Joaquin Phoenix has enjoyed a strained relationship with his public. He’s one of our great actors, from “Gladiator,” which earned him one of three Oscar nominations (along with “Walk the Line” and “The Master”) to Spike Jonze’s “Her.” But Phoenix revealed his disturbed and crazy side in Casey Affleck’s mockumentary “I’m Still Here,” leaving many of us wondering how much of the “performance” was truth or fiction. It had a negative impact on Phoenix’s career, from which he seems to be finally recovering. He was clearly uncomfortable at the New York Film Festival press conference for “The Immigrants,” so letting him talk to Fresh Air’s ace interlocutor Terry Gross was a favor to all of us.
What did he reveal?
On “I’m Still Here”:
The only thing that bothered me was that it might be difficult for me to work again because obviously I wasn’t retiring and obviously I wanted to make films — and a certain kind of film — so the only thing that really gave me pause was at some point [thinking] “How will this affect my career?”
So much of the way we made the movie didn’t allow us the time to really consider things, and by the time we did, it was too late and we had painted ourselves into this corner. It’s funny because when I was going on Letterman, initially the idea was we were going to make some noise and do something much more extroverted and big and out there. …

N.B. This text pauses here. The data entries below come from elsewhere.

-- ===== src/Client.antt =====
-- client/client.go: the REST client. The HTTP library is a parameter.
pub mod Requests
use Prim.Native.String.{◌++◌}
use sandwich_producer.Base.{
  ℕ, String, str_eq, ◌==◌, if◌then◌else◌, Option, none, some, GoError, invalid_token, Outcome, ret,
  panic, nil_dereference, ◌>>=◌,
}

pub record Client : Type 0 where
  pub token : String
  pub api_version : String
  pub url_host : String
  pub url_scheme : String
  pub user_agent : String

unfoldable pub new_client : String → Client
new_client token = record {
  token = token;
  api_version = "6";
  url_host = "discord.com";
  url_scheme = "https";
  user_agent = "";
}

-- The parts of an *http.Request that the client reads or writes. A header that is not set reads "".
pub record Request : Type 0 where
  pub method : String
  pub path : String
  pub host : String
  pub scheme : String
  pub agent : String
  pub authorization : String

pub record Response (Body : Type 0) : Type 0 where
  pub status : ℕ
  pub body : Body

abbrev filled : String → String → String
filled given fallback = if str_eq given "" then fallback else given

-- HandleRequest up to the call of the HTTP client.
unfoldable pub prepare : Client → Request → Request
prepare c req = record req {
  path = ("/api/v" ++ c.api_version) ++ req.path;
  host = filled req.host c.url_host;
  scheme = filled req.scheme c.url_scheme;
  agent = filled req.agent c.user_agent;
  authorization = filled req.authorization ("Bot " ++ c.token);
}

-- net/http and encoding: `http.NewRequest`, the client's `Do`, and the decoding of a body into a
-- value, given what the value is before. A nil response is `none`.
pub record Http (Body T : Type 0) : Type 0 where
  pub new_request : String → String → Option Request × Option GoError
  pub send : Request → Option (Response Body) × Option GoError
  pub decode : Body → T → T × Option GoError

module _ {Body T : Type 0} (http : Http Body T) where
  -- The code after `Do`, on its two results.
  unfoldable pub check_status :
      Option (Response Body) × Option GoError → Outcome (Option (Response Body) × Option GoError)
  check_status (res, some e) = ret (res, some e)
  check_status (none, none) = panic nil_dereference
  check_status (some res, none) =
      if res.status == 401 then ret (some res, some invalid_token) else ret (some res, none)

  unfoldable pub handle_request :
      Client → Request → Outcome (Option (Response Body) × Option GoError)
  handle_request c req = check_status (http.send (prepare c req))

  -- `defer res.Body.Close()` reads `res` at once; the error is looked at next.
  unfoldable pub read_response :
      T → Option (Response Body) × Option GoError → Outcome (T × Option GoError)
  read_response structure (none, err) = panic nil_dereference
  read_response structure (some res, some e) = ret (structure, some e)
  read_response structure (some res, none) = ret (http.decode res.body structure)

  unfoldable pub send_request :
      Client → T → Option Request × Option GoError → Outcome (T × Option GoError)
  send_request c structure (req, some e) = ret (structure, some e)
  send_request c structure (none, none) = panic nil_dereference
  send_request c structure (some req, none) =
      handle_request c req >>= λ r. read_response structure r

  -- FetchJSON: what `structure` holds in the end, and the error.
  unfoldable pub fetch_json : Client → String → String → T → Outcome (T × Option GoError)
  fetch_json c method url structure = send_request c structure (http.new_request method url)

On working with n Morton on set and Scarlett Johannson in the sound studio:
I actually worked with Samantha Morton, she was with us on set oftentimes … and then I went into the studio and I worked with Scarlett later. …[With Samantha,] we really developed our characters together in a way, and with Scarlett, I worked with her just in the studio, so it’s just completely different experiences. You know, I had such an amazing time working with Samantha Morton and I feel so beholden to her for helping me develop this character. And then I worked with Scarlett and she was incredible too, and I found something new about the relationship and we had new discoveries. It was an extraordinary process.
On “The Master”:
My dad sometimes would talk out of the side; he’d clench down one side of his mouth. And I just thought it represented tension in this way, somebody that’s just blocked and tight. So I actually went to my dentist and I had them fasten these metal brackets to my teeth on the top and the bottom and then I wrapped rubber bands around it to force my jaw shut on one side. … After a couple weeks, the bands, they weren’t really strong enough to kind of hold it so I ended up getting rid of the rubber bands and I still had these metal brackets in and so it made me constantly aware of my cheek. You know, they had these pointy tips so they’d tear up the cheek a little bit, so I just then was constantly aware of it.
This is so f – – – – – – stupid. Why am I talking about this? … It’s not interesting, it’s so stupid. If I was driving and I heard this, I’d change the channel. … I’d be like, “Joaquin, shut up.”
I think everyone always has their own process and every process is valuable. Sometimes you come in and you’re telling jokes in the morning and you’re talking with the crew and you go do a scene and everything is useful. It’s just about finding what works for you for that particular job.
So I think, I imagine it’s tough for a director, working with a few different actors that all have different processes, even when it’s not that extreme. Sometimes people have different needs. As an actor, maybe as a selfish actor, I’ve never really considered too much of other people’s processes. I think you just try to do what works best for you, the film and your character.